45 What flows from this, however, is that postal and pre-poll voting are intended to be restricted to those circumstances which are identified in cll. 43 and 51. This is no mere bureaucratic regulation, but a matter of substance.
46 The second proposition which I draw from an analysis of the Regulation is that there is an emphasis upon the security of ballot papers cast in accordance with Part 7, Division 2. It is for that reason that I have referred in some detail to the provisions relate to permitting, recording, holding and eventually counting pre-poll votes. Again, a balance is struck. On one hand, those electors who have opted for, and been permitted to use, the pre-poll voting procedure, are identified by the maintenance of the list required by cl. 52(3); on the other, the secrecy of that elector's ballot is preserved by the sealed envelope procedure and the provisions of cll. 78 and 81 as to counting. Another purpose of the Regulation is the avoidance of any fluctuation in result by disclosure of already cast votes. The secrecy of the pre-poll and postal votes ensures that votes already cast will not themselves become a factor in the election.

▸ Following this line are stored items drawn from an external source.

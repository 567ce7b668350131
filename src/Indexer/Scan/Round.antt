-- ===== src/Indexer/Scan/Round.antt =====
-- After a round of `scan_loop` (src/agent/indexer.cpp) the files that are found are in the table,
-- and their indexes are those of the files as they are.
use drlog_search.Base.{
  eqb_iff, ℕ, Bool, true, false, Option, none, some, List, [], ◌∷◌, Bytes, eqb, ◌≡◌, refl, ap, ◌∙◌,
  inl, inr, arith, Bool-cases,
}
use drlog_search.Json.{Json}
use drlog_search.Table.{lookup, Sorted, Above, insert-Sorted}
use drlog_search.Indexer.Info.{TimeIndex, RootPath, FileInfo}
use drlog_search.Indexer.Files.{
  Files, reindexed, scanned, scan_file, is_stale, update_file, update_file_index,
  remove_unused_indexes,
}
use drlog_search.Indexer.Files.Current.{update_file-fresh, remove_loop-keeps}
use drlog_search.Indexer.Scan.{
  Entry, info_of, scan_seen, scan_entries, scan_root, scan_roots, Outside, cached, index_files,
  scan_round,
}
use drlog_search.Indexer.Scan.Current.{Stat, Shown, Snapshots, FoundIn, scan_roots-Shown}

abbrev updated :
    ℕ → (Bytes → FileInfo → Option (List TimeIndex)) → Bytes → Option FileInfo → Option FileInfo
updated now handler path none = none
updated now handler path (some info) = some (update_file now handler path info)

lookup-update :
    (now : ℕ) (handler : Bytes → FileInfo → Option (List TimeIndex)) (path : Bytes) (files : Files)
    → lookup path (update_file_index now handler files).1
      ≡ updated now handler path (lookup path files)
unfolding update_file_index lookup
lookup-update now handler path [] = refl
lookup-update now handler path ((k, info) ∷ files) = elim (Bool-cases (eqb path k)) [
  | inl y ↦ let e = (eqb_iff path k).0 y in rw y (rw e refl)
  | inr n ↦ rw n (lookup-update now handler path files)
]

update-Above :
    (now : ℕ) (handler : Bytes → FileInfo → Option (List TimeIndex)) (low : Bytes) (files : Files)
    → Above low files
    → Above low (update_file_index now handler files).1
unfolding update_file_index
update-Above now handler low [] h = tt
update-Above now handler low ((k, info) ∷ files) h = (h.0, update-Above now handler low files h.1)

pub update-Sorted :
    (now : ℕ) (handler : Bytes → FileInfo → Option (List TimeIndex)) (files : Files)
    → Sorted files
    → Sorted (update_file_index now handler files).1
unfolding update_file_index
update-Sorted now handler [] h = tt
update-Sorted now handler ((k, info) ∷ files) h =
    (update-Above now handler k files h.0, update-Sorted now handler files h.1)

scanned-Sorted :
    (info : FileInfo) (files : Files) (o : Option FileInfo)
    → Sorted files
    → Sorted (scanned info files o)
unfolding scanned
scanned-Sorted info files none s = insert-Sorted info.fullpath info files s
scanned-Sorted info files (some known) s = ground (
  arith,
  s,
  insert-Sorted info.fullpath info files s,
  insert-Sorted info.fullpath (record info { file_index = known.file_index }) files s,
)

module _ (regex_match : Bytes → Bytes → Option Bool) where
  scan_seen-Sorted :
      (o : Option FileInfo) (files : Files) → Sorted files → Sorted (scan_seen o files)
  unfolding scan_seen scan_file
  scan_seen-Sorted none files s = s
  scan_seen-Sorted (some info) files s = scanned-Sorted info files (lookup info.fullpath files) s

  scan_entries-Sorted :
      (rp : RootPath) (entries : List Entry) (files : Files)
      → Sorted files
      → Sorted (scan_entries regex_match rp entries files)
  unfolding scan_entries
  scan_entries-Sorted rp [] files s = s
  scan_entries-Sorted rp (e ∷ entries) files s =
      scan_entries-Sorted rp entries (scan_seen (info_of regex_match rp e) files)
        (scan_seen-Sorted (info_of regex_match rp e) files s)

  scan_root-Sorted :
      (rp : RootPath) (o : Option (List Entry)) (files : Files)
      → Sorted files
      → Sorted (scan_root regex_match rp o files)
  unfolding scan_root
  scan_root-Sorted rp none files s = s
  scan_root-Sorted rp (some entries) files s = scan_entries-Sorted rp entries files s

  pub scan_roots-Sorted :
      (directory : Bytes → Option (List Entry)) (roots : List RootPath) (files : Files)
      → Sorted files
      → Sorted (scan_roots regex_match directory roots files)
  unfolding scan_roots
  scan_roots-Sorted directory [] files s = s
  scan_roots-Sorted directory (rp ∷ roots) files s =
      scan_roots-Sorted directory roots (scan_root regex_match rp (directory rp.path) files)
        (scan_root-Sorted rp (directory rp.path) files s)

-- A file is in the table as the file system says, and its index is not out of date.
pub record Indexed (stat : Stat) (o : Option FileInfo) : Type 0 where
  pub shown : Shown stat o
  pub fresh : is_stale shown.entry shown.entry.file_index ≡ false

reindexed-keeps :
    (now : ℕ) (info : FileInfo) (o : Option (List TimeIndex))
    → ((reindexed now info o).inode ≡ info.inode)
      × ((reindexed now info o).size ≡ info.size)
      × ((reindexed now info o).mtime ≡ info.mtime)
unfolding reindexed
reindexed-keeps now info none = (refl, refl, refl)
reindexed-keeps now info (some outputs) = (refl, refl, refl)

update_file-keeps :
    (now : ℕ) (handler : Bytes → FileInfo → Option (List TimeIndex)) (path : Bytes)
    (info : FileInfo)
    → ((update_file now handler path info).inode ≡ info.inode)
      × ((update_file now handler path info).size ≡ info.size)
      × ((update_file now handler path info).mtime ≡ info.mtime)
unfolding update_file
update_file-keeps now handler path info = elim (Bool-cases (is_stale info info.file_index)) [
  | inl y ↦ rw y (reindexed-keeps now info (handler path info))
  | inr n ↦ rw n (refl, refl, refl)
]

-- What is known of a path behind the step of the cache.
lookup-cached :
    (json : Json) (regex_match : Bytes → Bytes → Option Bool) (order : Files → Files) (path : Bytes)
    (count : ℕ) (r : Bool × Files)
    → lookup path (cached json regex_match order count r).1 ≡ lookup path r.1
unfolding cached
lookup-cached json regex_match order path count (true, files) = refl
lookup-cached json regex_match order path count (false, files) = refl

-- The handler of a file's type gives outputs for a path.
abbrev pub Handles : Outside → Bytes → Type 0
Handles outside path =
    (info : FileInfo) → (outputs : List TimeIndex) × (outside.handler path info ≡ some outputs)

indexed :
    (outside : Outside) (order : Files → Files) (path : Bytes) (files : Files) (stat : Stat)
    → outside.exists path ≡ some true
    → Handles outside path
    → Shown stat (lookup path files)
    → Indexed stat (
        lookup path
          (remove_unused_indexes order outside.exists
            (update_file_index outside.now outside.handler files).1).1)
unfolding remove_unused_indexes
indexed outside order path files stat e handles shown =
    let now = outside.now in
    let handler = outside.handler in
    let table = (update_file_index now handler files).1 in
    let up = lookup-update now handler path files ∙ ap (updated now handler path) shown.present in
    let keeps = update_file-keeps now handler path shown.entry in
    let (outputs, o) = handles shown.entry in
    record {
      shown = record {
        entry = update_file now handler path shown.entry;
        present = remove_loop-keeps outside.exists (order table) table path e ∙ up;
        inode_shown = keeps.0 ∙ shown.inode_shown;
        size_shown = keeps.1 ∙ shown.size_shown;
        mtime_shown = keeps.2 ∙ shown.mtime_shown;
      };
      fresh = update_file-fresh now handler path shown.entry outputs o;
    }

-- After a round on a table with one entry for each path, where the directories are a snapshot of
-- what the file system says: each file that some root's scan does not skip, that still exists and
-- that is read with no exception is in the table, with the inode, the size and the time of change
-- that the file system says, and with an index whose tag is the file's.
pub scan_round-Indexed :
    (json : Json) (regex_match : Bytes → Bytes → Option Bool) (order : Files → Files)
    (outside : Outside) (roots : List RootPath) (files : Files) (stat : Bytes → Stat) (path : Bytes)
    → Snapshots regex_match stat outside.directory roots
    → FoundIn regex_match stat outside.directory roots path
    → outside.exists path ≡ some true
    → Handles outside path
    → Indexed (stat path) (lookup path (scan_round json regex_match order outside roots files).0)
unfolding scan_round index_files
scan_round-Indexed json regex_match order outside roots files stat path h f e handles =
    rw (lookup-cached json regex_match order path _ _) (
      indexed outside order path (scan_roots regex_match outside.directory roots files) (stat path)
        e handles (scan_roots-Shown regex_match stat outside.directory path roots files h f))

47 In my opinion, there was, in fact, no real danger occasioned to the secrecy of the ballot procedure by the course taken by the returning officer. I infer from the evidence that the integrity of the sealed ballot boxes was maintained and that the votes were (or would have been, had the defendant not determined that they should not be counted) counted in a fashion that parallelled the counts of ballot papers cast on voting day. Indeed, as I read the evidence, the procedure, from start to finish, approximated the procedure applicable to votes cast on election day. There is no reason to conclude other than that the secrecy of the ballot box was maintained.
48 Of more difficulty is the departure from the Regulation requiring identification of the qualification for a pre-poll vote. In this respect, the number, and the relatively high proportion it bears to the overall vote, of the pre-poll votes is of significance. No evidence was directed to the relationship that that proportion in this election bears to previous elections in the electorate, or to other electorates, and no attention was paid, during the hearing, to the question of whether the number was disproportionate. However, the pre-poll votes at just two polling places amounted to 16% of the overall vote, which strikes me as being of real significance. It simply cannot be known whether those electors were in fact qualified to vote as they did.
49 In the circumstances, having regard to the purposes of the rather stringent provisions limiting pre-poll voting, I have concluded (somewhat reluctantly) that the votes were properly excluded from the count.